The voiced source produced at the glottis also is mixed with this modulated noise source. High frequency components of the phonation source are attenuated by passage of the sound through the constriction, but lower frequency components do make their way into the anterior chamber where they mix with the modulated noise source. Further, audible low frequency components of the voiced source can also pass through the tissues of the vocal tract. Figure 13 displays a synthesised source that combines both the voiced glottal source and the voice modulated noise source.
Figure 13: This figure displays a composite source that combines the low frequency component of a voiced source plus a noise source modulated by the voiced source. Note, in particular, the strong harmonics below 1000 Hz as well as the weaker, modulation generated, harmonics mixed with noise at higher frequencies. Click on the image to hear the sound. Hear a differentiated version of this noise source.
- Clark and Yallop, sections 7.11-7.12
- Harrington and Cassidy, sections 3.2.1-3.22.
Listed below are references referred to in the above notes which are not required reading for this topic (unless otherwise stated).
- Clark, J.E. and Yallop, C., (1995), An Introduction to Phonetics and Phonology, Blackwell, Oxford.
- Fant, G., (1960), Acoustic theory of speech production, Mouton, The Hague.
- Rosenberg, A.E., (1971), "Effect of glottal pulse shape on the quality of natural vowels", J.Acoustical.Soc.Am., 49, 583-590.
- Rothenberg, M., (1968), The Breath-Stream Dynamics of Simple-Released-Plosive Production, Bibliotheca Phonetica VI (Basel, Karger).
- Stevens, K.N., (1972), "Airflow and turbulent noise for fricative and stop consonants: static considerations", J.Acoustical.Soc.Am., 50, 1182-92.

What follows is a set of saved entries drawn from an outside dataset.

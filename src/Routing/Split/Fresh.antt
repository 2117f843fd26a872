-- ===== src/Routing/Split/Fresh.antt =====
-- A new pair gets an entry.
use convergent_routing_analy.Prelude.{
  ℕ, ◌+◌, ◌<◌, ◌≡◌, ◌⊎◌, refl, sym, ◌∙◌, ap, subst, inl, inr, ℤ, List, [], ◌∷◌, ◌++◌, none, length,
  get_or, length-append, length-replicate, get_or-append, get_or-replicate, get_or_out, ◌==◌,
  not_==, ltb, ltb→lt, if◌then◌else◌, Bool-cases, ==_iff, arith,
}
use convergent_routing_analy.Float.{Float64}
use convergent_routing_analy.Graph.{Graph}
use convergent_routing_analy.Routing.Dijkstra.{WeightFunc}
use convergent_routing_analy.Routing.Requests.{OdPair}
use convergent_routing_analy.Routing.Multipath.{KPath}
use convergent_routing_analy.Routing.Yen.{k_shortest_paths}
use convergent_routing_analy.Routing.Split.{OdEntry, no_entry, new_entry, slot_of, total_count}
use convergent_routing_analy.Routing.Split.Drawn.{
  total_count-replicate, entry_at, IsEntry, Entries, slot_of-none, is_for-other, Slotted,
}

module _ ⦃f : Float64⦄ (g : Graph) (weight : WeightFunc) (k : ℤ) where
  module _ (pair : OdPair) (es : List OdEntry) (p : KPath) (ps : List KPath)
      (entries : Entries g weight k es) (fresh : slot_of pair es 0 ≡ none)
      (searched : k_shortest_paths g pair.src pair.dst k weight ≡ p ∷ ps) where
    abbrev entry : OdEntry
    entry = new_entry pair (p ∷ ps)

    abbrev es' : List OdEntry
    es' = es ++ entry ∷ []

    length-more : length es' ≡ length es + 1
    length-more = length-append es (entry ∷ [])

    at_old : (t : ℕ) → t < length es → entry_at es' t ≡ entry_at es t
    at_old t h =
        get_or-append es entry t no_entry (omega arith)
        ∙ ap (λ b. if b then entry else entry_at es t) (not_== t (length es) (omega arith))

    at_new : (t : ℕ) → t ≡ length es → entry_at es' t ≡ entry
    at_new t h =
        get_or-append es entry t no_entry (omega (arith, h))
        ∙ ap (λ b. if b then entry else entry_at es t) ((==_iff t (length es)).1 h)

    at_out : (t : ℕ) → length es < t → entry_at es' t ≡ no_entry
    at_out t h = get_or_out es' t no_entry (omega (arith, length-more))

    new-IsEntry : IsEntry g weight k entry
    new-IsEntry = record {
      searched = sym searched;
      some_path = omega arith;
      weighed = refl;
      counted = length-replicate (length (p ∷ ps)) 0;
    }

    -- Below the new length an index is old, or is the new one.
    old_or_new : (t : ℕ) → t < length es' → (t < length es) ⊎ (t ≡ length es)
    old_or_new t h = elim (Bool-cases (ltb t (length es))) [
      | inl old ↦ inl (ltb→lt t (length es) old)
      | inr new ↦ inr (ground (arith, new, h, length-more))
    ]

    no_other :
        (t : ℕ)
        → t < length es
        → (entry_at es t).src ≡ pair.src
        → (entry_at es t).dst ≡ pair.dst
        → ⊥
    no_other t h = is_for-other pair (entry_at es t) (slot_of-none pair es 0 fresh t h)

    one_entry :
        (s t : ℕ)
        → s < length es'
        → t < length es'
        → (entry_at es' s).src ≡ (entry_at es' t).src
        → (entry_at es' s).dst ≡ (entry_at es' t).dst
        → s ≡ t
    one_entry s t hs ht a b = elim (old_or_new s hs) [
      | inl os ↦ elim (old_or_new t ht) [
        | inl ot ↦
            entries.one s t os ot
              (ap (λ e. e.src) (sym (at_old s os)) ∙ a ∙ ap (λ e. e.src) (at_old t ot))
              (ap (λ e. e.dst) (sym (at_old s os)) ∙ b ∙ ap (λ e. e.dst) (at_old t ot))
        | inr nt ↦ absurd (
            no_other s os (ap (λ e. e.src) (sym (at_old s os)) ∙ a ∙ ap (λ e. e.src) (at_new t nt))
              (ap (λ e. e.dst) (sym (at_old s os)) ∙ b ∙ ap (λ e. e.dst) (at_new t nt)))
      ]
      | inr ns ↦ elim (old_or_new t ht) [
        | inl ot ↦ absurd (
            no_other t ot
              (ap (λ e. e.src) (sym (at_old t ot)) ∙ sym a ∙ ap (λ e. e.src) (at_new s ns))
              (ap (λ e. e.dst) (sym (at_old t ot)) ∙ sym b ∙ ap (λ e. e.dst) (at_new s ns)))
        | inr nt ↦ omega (arith, ns, nt)
      ]
    ]

    -- The counts of an entry are those that were there, or all zero where no entry was.
    abbrev SameCounts : ℕ → Type 0
    SameCounts t =
        (entry_at es' t ≡ entry_at es t) ⊎ ((entry_at es' t ≡ entry) × (entry_at es t ≡ no_entry))

    at_any : (t : ℕ) → SameCounts t
    at_any t = elim (Bool-cases (ltb t (length es))) [
      | inl old ↦ inl (at_old t (ltb→lt t (length es) old))
      | inr beyond ↦ elim (Bool-cases (t == length es)) [
        | inl last ↦
            let here = (==_iff t (length es)).0 last in
            inr (at_new t here, get_or_out es t no_entry (omega (arith, here)))
        | inr more ↦
            let out : length es < t = ground (arith, beyond, more) in
            inl (at_out t out ∙ sym (get_or_out es t no_entry (omega (arith, out))))
      ]
    ]

    pub add_entry-Slotted : Slotted g weight k pair es es' (length es)
    add_entry-Slotted = record {
      entries = record {
        valid = λ t h. elim (old_or_new t h) [
          | inl old ↦ subst (IsEntry g weight k) (sym (at_old t old)) (entries.valid t old)
          | inr new ↦ subst (IsEntry g weight k) (sym (at_new t new)) new-IsEntry
        ];
        one = one_entry;
      };
      grows = λ t h. (
        omega (arith, length-more, h),
        ap (λ e. e.src) (at_old t h),
        ap (λ e. e.dst) (at_old t h),
        ap (λ e. e.paths) (at_old t h),
      );
      within = omega (arith, length-more);
      fresh = old_or_new;
      src = ap (λ e. e.src) (at_new (length es) refl);
      dst = ap (λ e. e.dst) (at_new (length es) refl);
      counts = λ t j. elim (at_any t) [
        | inl same ↦ ap (λ e. get_or e.counts j 0) same
        | inr (new, blank) ↦
            ap (λ e. get_or e.counts j 0) new
            ∙ get_or-replicate (length (p ∷ ps)) j 0
            ∙ sym (ap (λ e. get_or e.counts j 0) blank)
      ];
      totals = λ t. elim (at_any t) [
        | inl same ↦ ap (λ e. total_count e.counts) same
        | inr (new, blank) ↦
            ap (λ e. total_count e.counts) new
            ∙ total_count-replicate (length (p ∷ ps))
            ∙ sym (ap (λ e. total_count e.counts) blank)
      ];
    }
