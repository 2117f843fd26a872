-- ===== src/Routing/Split/Slots.antt =====
-- The slot of a pair in the entries of a split: there is one, or its request is blamed.
use convergent_routing_analy.Prelude.{
  ℕ, suc, ◌≡◌, inl, inr, refl, sym, ◌∙◌, ap₂, subst, ℤ, pos, List, [], ◌∷◌, none, Option-cases,
}
use convergent_routing_analy.Float.{Float64, Laws, Float}
use convergent_routing_analy.Graph.{Graph, IsGraph}
use convergent_routing_analy.Routing.Dijkstra.{WeightFunc, unreachable}
use convergent_routing_analy.Routing.Dijkstra.Walks.{Solves, NonNegWeight}
use convergent_routing_analy.Routing.Requests.{Context, RouteRequest, Outcome, done, failed, OdPair}
use convergent_routing_analy.Routing.Multipath.{KPath}
use convergent_routing_analy.Routing.SinglePass.Served.{SnapsToNodes, Blames, cut_off}
use convergent_routing_analy.Routing.SinglePass.Search.{Snapped}
use convergent_routing_analy.Routing.Yen.{k_shortest_paths}
use convergent_routing_analy.Routing.Yen.Count.{KAnswers, k_shortest_paths-KAnswers}
use convergent_routing_analy.Routing.Split.{multipath_name, OdEntry, slot_of, add_entry, slot_for}
use convergent_routing_analy.Routing.Split.Drawn.{Entries, Slotted, slot_of-Slotted}
use convergent_routing_analy.Routing.Split.Fresh.{add_entry-Slotted}

module _ ⦃f : Float64⦄ (laws : Laws f) (g : Graph) (ok : IsGraph g) (snaps : SnapsToNodes g)
    (weight : WeightFunc) (w : NonNegWeight g weight) (kk : ℕ) where
  abbrev k : ℤ
  k = pos (suc kk)

  -- The search for the slot of a pair gives one, or blames the request.
  abbrev pub SlotOr : RouteRequest → OdPair → List OdEntry → Outcome (ℕ × List OdEntry) → Type 0
  SlotOr req pair es (failed e) = Blames g multipath_name weight req e
  SlotOr req pair es (done (slot, fs)) = Slotted g weight k pair es fs slot

  pub kpaths_lem :
      (req : RouteRequest) (pair : OdPair)
      → Snapped g multipath_name req pair
      → k_shortest_paths g pair.src pair.dst k weight ≡ []
      → Solves g weight pair.src pair.dst unreachable
  kpaths_lem req pair s none_found =
      let (i, src, src_in) = snaps _ _ s.origin in
      let (j, dst, dst_in) = snaps _ _ s.destination in
      let same : k_shortest_paths g (pos i) (pos j) k weight ≡ [] =
        ap₂ (λ a b. k_shortest_paths g a b k weight) (sym src) (sym dst) ∙ none_found in
      let best : Solves g weight (pos i) (pos j) unreachable =
        subst (KAnswers laws g ok weight w i j kk) same
          (k_shortest_paths-KAnswers laws g ok weight w i j kk src_in dst_in) in
      subst (λ z. Solves g weight z pair.dst unreachable) (sym src)
        (subst (λ z. Solves g weight (pos i) z unreachable) (sym dst) best)

  add_entry_lem :
      (req : RouteRequest) (pair : OdPair) (es : List OdEntry) (paths : List KPath)
      → Snapped g multipath_name req pair
      → Entries g weight k es
      → slot_of pair es 0 ≡ none
      → k_shortest_paths g pair.src pair.dst k weight ≡ paths
      → SlotOr req pair es (add_entry req pair es paths)
  unfolding add_entry
  add_entry_lem req pair es [] s entries fresh searched =
      cut_off pair.src pair.dst s.origin s.destination (kpaths_lem req pair s searched)
  add_entry_lem req pair es (p ∷ ps) s entries fresh searched =
      add_entry-Slotted g weight k pair es p ps entries fresh searched

  pub slot_for_lem :
      (draw : ℕ → Float) (ctx : Context) (req : RouteRequest) (pair : OdPair) (es : List OdEntry)
      → Snapped g multipath_name req pair
      → Entries g weight k es
      → SlotOr req pair es (slot_for g weight k draw ctx req pair es)
  unfolding slot_for
  slot_for_lem draw ctx req pair es s entries = elim (Option-cases (slot_of pair es 0)) [
    | inl fresh ↦ rw (fresh, slot_for) (add_entry_lem req pair es _ s entries fresh refl)
    | inr (slot, old) ↦ rw (old, slot_for) (slot_of-Slotted g weight k pair es slot entries old)
  ]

1. It should be noted that 1000 cm3 is equivalent to 1 litre and would fill a cube 10cm x 10cm x 10cm. Further, these air volumes assume atmospheric pressure at sea level even though the actual air pressure below a constriction is significantly higher than this.
2. Air pressure is often measured in terms of cm H20. Air at a given pressure can support a certain number of centimetres of water in device consisting of a glass U-tube column connected at one side to the air pressure being measured and at the other side to a know air pressure (such as atmospheric pressure).